There is only one person I know who drives arround with his spoiler up,now let me think,who is it.....?


----------



## VerTTigo (Nov 14, 2009)

When i bought the car i never went out with the spoiler up. Now two years has passed and i cant go around town with the thing down. To me the backend looks as if its missing something with the spoiler down. I almost bought a TT RS bit that was 1k bucks... so its spoiler up for me all the time. And one last thing, who cares? its my car!!


----------



## VerTTigo (Nov 14, 2009)

TT REX, show him what one can do with a adventurous sense of style!


----------



## hugy (Dec 4, 2007)

VerTTigo said:


> When i bought the car i never went out with the spoiler up. Now two years has passed and i cant go around town with the thing down. To me the backend looks as if its missing something with the spoiler down. I almost bought a TT RS bit that was 1k bucks... so its spoiler up for me all the time. And one last thing, who cares? its my car!!

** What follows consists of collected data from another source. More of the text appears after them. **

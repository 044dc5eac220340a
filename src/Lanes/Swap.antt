-- ===== src/Lanes/Swap.antt =====
-- Two controllers of one lane: a change that advances the generation wins once, and of two
-- bindings to different conversations the second is refused.
use playbook_harness.Base.{
  ℕ, suc, ◌≡◌, refl, sym, ◌∙◌, ap, Bool, true, false, some, arith, inl, inr, Result, ok, err,
  Result-cases, some-eq, ok-eq,
}
use playbook_harness.Text.{Text, text_eq, text_eq_refl}
use playbook_harness.Identity.{SessionKey, key_eq}
use playbook_harness.Lanes.{LaneError, Lane, Files, lane_of, write_lane}
use playbook_harness.Lanes.Validate.{validate_body_id}
use playbook_harness.Lanes.Create.{Step, saved}
use playbook_harness.Lanes.Transition.{
  Change, swapped, transition_managed_lane, bind, finalize_lane_binding,
}
use playbook_harness.Lanes.Store.{lane_of-write_lane}
use playbook_harness.Lanes.Names.{transition-swapped}

swapped-generation :
    (is_timestamp : Text → Bool) (l : Lane) (c : Change) (now : Text) {m : Lane}
    → c.advance_generation ≡ true
    → swapped is_timestamp l c now ≡ ok m
    → m.generation ≡ suc l.generation
unfolding swapped
swapped-generation is_timestamp l c now {m} a h = ground arith

swapped-late :
    (is_timestamp : Text → Bool) (m : Lane) (c : Change) (now : Text) {g : ℕ} {n : Lane}
    → c.expected_generation ≡ some g
    → m.generation ≡ suc g
    → swapped is_timestamp m c now ≡ ok n
    → ⊥
unfolding swapped
swapped-late is_timestamp m c now {g} {n} e q h = ground arith

-- A change that is refused, and writes nothing.
abbrev pub Refused : Step → Files → Type 0
Refused r files = (e : LaneError) × (r ≡ (err e, files))

saved-Refused :
    (body : Text) (files : Files) (r : Result LaneError Lane)
    → ((n : Lane) → r ≡ ok n → ⊥)
    → Refused (saved body files r) files
saved-Refused body files (err e) h = (e, refl)
saved-Refused body files (ok n) h = ground (arith, h n)

saved-ok :
    (body : Text) (files : Files) (r : Result LaneError Lane) {m : Lane}
    → (saved body files r).0 ≡ ok m
    → (r ≡ ok m) × ((saved body files r).1 ≡ write_lane body m files)
saved-ok body files (err e) h = cc
saved-ok body files (ok n) {m} h = (h, ap (λ x. write_lane body x files) (ok-eq _ refl h))

-- Of all changes that expect the generation that a lane has, at most one that advances it
-- succeeds: behind it each other is refused and writes nothing. Another lane stays as it was.
pub transition_managed_lane-wins_once :
    (is_timestamp : Text → Bool) (body : Text) (c : Change) (now : Text) (files : Files)
    (l m : Lane) (d : Change) (later other : Text)
    → lane_of body files ≡ some l
    → c.advance_generation ≡ true
    → (transition_managed_lane is_timestamp body c now files).0 ≡ ok m
    → d.expected_generation ≡ some l.generation
    → text_eq body other ≡ false
    → Refused
        (transition_managed_lane is_timestamp body d later
          (transition_managed_lane is_timestamp body c now files).1)
        (transition_managed_lane is_timestamp body c now files).1
      × (lane_of other (transition_managed_lane is_timestamp body c now files).1
          ≡ lane_of other files)
unfolding transition_managed_lane
transition_managed_lane-wins_once is_timestamp body c now files l m d later other n a h e o =
    let (p, w) = saved-ok body files _ {m = m} h in
    let (k, q, s) = transition-swapped is_timestamp body c now (lane_of body files) {m = m} p in
    let kl : k ≡ l = some-eq (sym q ∙ n) in
    let g : m.generation ≡ suc l.generation =
      swapped-generation is_timestamp k c now {m = m} a s
      ∙ ap (λ (x : Lane). suc x.generation) kl in
    let here : lane_of body (write_lane body m files) ≡ some m =
      lane_of-write_lane body body m files ∙ rw (text_eq_refl body) refl in
    rw w (
      saved-Refused body (write_lane body m files) _ (λ x r.
          let (y, t, u) = transition-swapped is_timestamp body d later _ {m = x} r in
          swapped-late is_timestamp y d later {n = x} e
            (ap (λ (z : Lane). z.generation) (some-eq (sym t ∙ here)) ∙ g) u),
      lane_of-write_lane body other m files ∙ rw o refl,
    )

bind-other :
    (is_timestamp : Text → Bool) (l : Lane) (key : SessionKey) (now p s : Text) {m : Lane}
    → l.provider ≡ some p
    → l.session_id ≡ some s
    → key_eq (record { provider = p; session_id = s }) key ≡ false
    → bind is_timestamp l key now ≡ ok m
    → ⊥
unfolding bind key_eq
bind-other is_timestamp l key now p s {m} a b d h = ground (arith, a, b)

finalize_lane_binding-bound :
    (is_timestamp : Text → Bool) (body : Text) (key : SessionKey) (now : Text) (files : Files)
    (l : Lane) (p s : Text)
    → lane_of body files ≡ some l
    → l.provider ≡ some p
    → l.session_id ≡ some s
    → key_eq (record { provider = p; session_id = s }) key ≡ false
    → (e : LaneError) × (finalize_lane_binding is_timestamp body key now files ≡ (err e, files))
unfolding finalize_lane_binding
finalize_lane_binding-bound is_timestamp body key now files l p s n a b d =
    elim (Result-cases (validate_body_id body)) [
      | inl (e, q) ↦ (e, rw q refl)
      | inr (u, q) ↦ elim (Result-cases (bind is_timestamp l key now)) [
        | inl (e, r) ↦ (e, rw (q, n, r) refl)
        | inr (m, r) ↦ ground (arith, bind-other is_timestamp l key now p s {m = m} a b d r)
      ]
    ]

bind-names :
    (is_timestamp : Text → Bool) (l : Lane) (key : SessionKey) (now : Text) {m : Lane}
    → bind is_timestamp l key now ≡ ok m
    → (m.provider ≡ some key.provider) × (m.session_id ≡ some key.session_id)
unfolding bind
bind-names is_timestamp l key now h = ground arith

-- What a binding that succeeded leaves.
bound-lane :
    (is_timestamp : Text → Bool) (body : Text) (key : SessionKey) (now : Text) (files : Files)
    (l : Lane)
    → lane_of body files ≡ some l
    → (finalize_lane_binding is_timestamp body key now files).0 ≡ ok tt
    → (m : Lane) × (lane_of body (finalize_lane_binding is_timestamp body key now files).1 ≡ some m)
      × (m.provider ≡ some key.provider)
      × (m.session_id ≡ some key.session_id)
unfolding finalize_lane_binding
bound-lane is_timestamp body key now files l n h = elim (Result-cases (validate_body_id body)) [
  | inl (e, q) ↦ absurd (ground (arith, q))
  | inr (u, q) ↦ elim (Result-cases (bind is_timestamp l key now)) [
    | inl (e, r) ↦ absurd (ground (arith, q, n, r))
    | inr (m, r) ↦
        let (p, i) = bind-names is_timestamp l key now {m = m} r in
        (m, rw (q, n, r) (lane_of-write_lane body body m files ∙ rw (text_eq_refl body) refl), p, i)
  ]
]

-- Behind a call of `_finalize_lane_binding_locked` that bound the lane of a body to one conversation,
-- the next call of it, for another conversation on the files so left, is refused and writes nothing.
pub finalize_lane_binding-binds_once :
    (is_timestamp : Text → Bool) (body : Text) (key other : SessionKey) (now later : Text)
    (files : Files) (l : Lane)
    → lane_of body files ≡ some l
    → (finalize_lane_binding is_timestamp body key now files).0 ≡ ok tt
    → key_eq key other ≡ false
    → (e : LaneError) × (finalize_lane_binding is_timestamp body other later
          (finalize_lane_binding is_timestamp body key now files).1
        ≡ (err e, (finalize_lane_binding is_timestamp body key now files).1))
finalize_lane_binding-binds_once is_timestamp body key other now later files l n h d =
    let (m, k, p, s) = bound-lane is_timestamp body key now files l n h in
    finalize_lane_binding-bound is_timestamp body other later
      (finalize_lane_binding is_timestamp body key now files).1 m key.provider key.session_id k p s
      d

I must admit I rarely drive around with the spoiler raised but I do agree it looks good.


----------



## alexi7 (Aug 30, 2011)

When they are up, they are up and when they are down they are down and when they were half way down that's when we got arrested. "Spike Milligan" :lol: :lol: 
Thats what buttons are for.


----------



## MoreGooderTT (Aug 20, 2011)

I prefer the clean line of the car without the spoiler, personally. I play with it when bored. When on long highway trips I set the cruise 1 mph less then the speed at which it pops up automatically just to save on fuel. I admit that it is fun to watch it pop up when I pass someone. It gives me a bit more confidence to know that the rear end isn't going to get squirely.


----------



## maxamus007 (Mar 9, 2011)

I think the spoiler ruins and makes the car looks ugly


----------



## hans4audi (Dec 21, 2008)

I dont see it in mainland Europe. The fog lights we see a lot!


----------



## MINI-TTGuy (Sep 29, 2008)

hugy said:


> There is only one person I know who drives arround with his spoiler up,now let me think,who is it.....?


Conneem, no?!


----------



## Thesa1nT (Nov 9, 2011)

T7 Doc said:


> Sometimes when you're driving behind me I raise and lower it just so you know I can and I look awesome
> [smiley=bomb.gif]


My favorite...Classic! :lol:


----------



## TT-REX (Jun 3, 2011)

VerTTigo said:


> TT REX, show him what one can do with a adventurous sense of style!


ok boss :lol:


----------



## zltm089 (Jul 27, 2009)

much ado about nothing...

live n let live...

Spoiler up 4 me! 8)


----------



## IC_HOTT (May 29, 2010)

Offerman said:


> Is it just me thats being critial, or is it something that other people have noticed?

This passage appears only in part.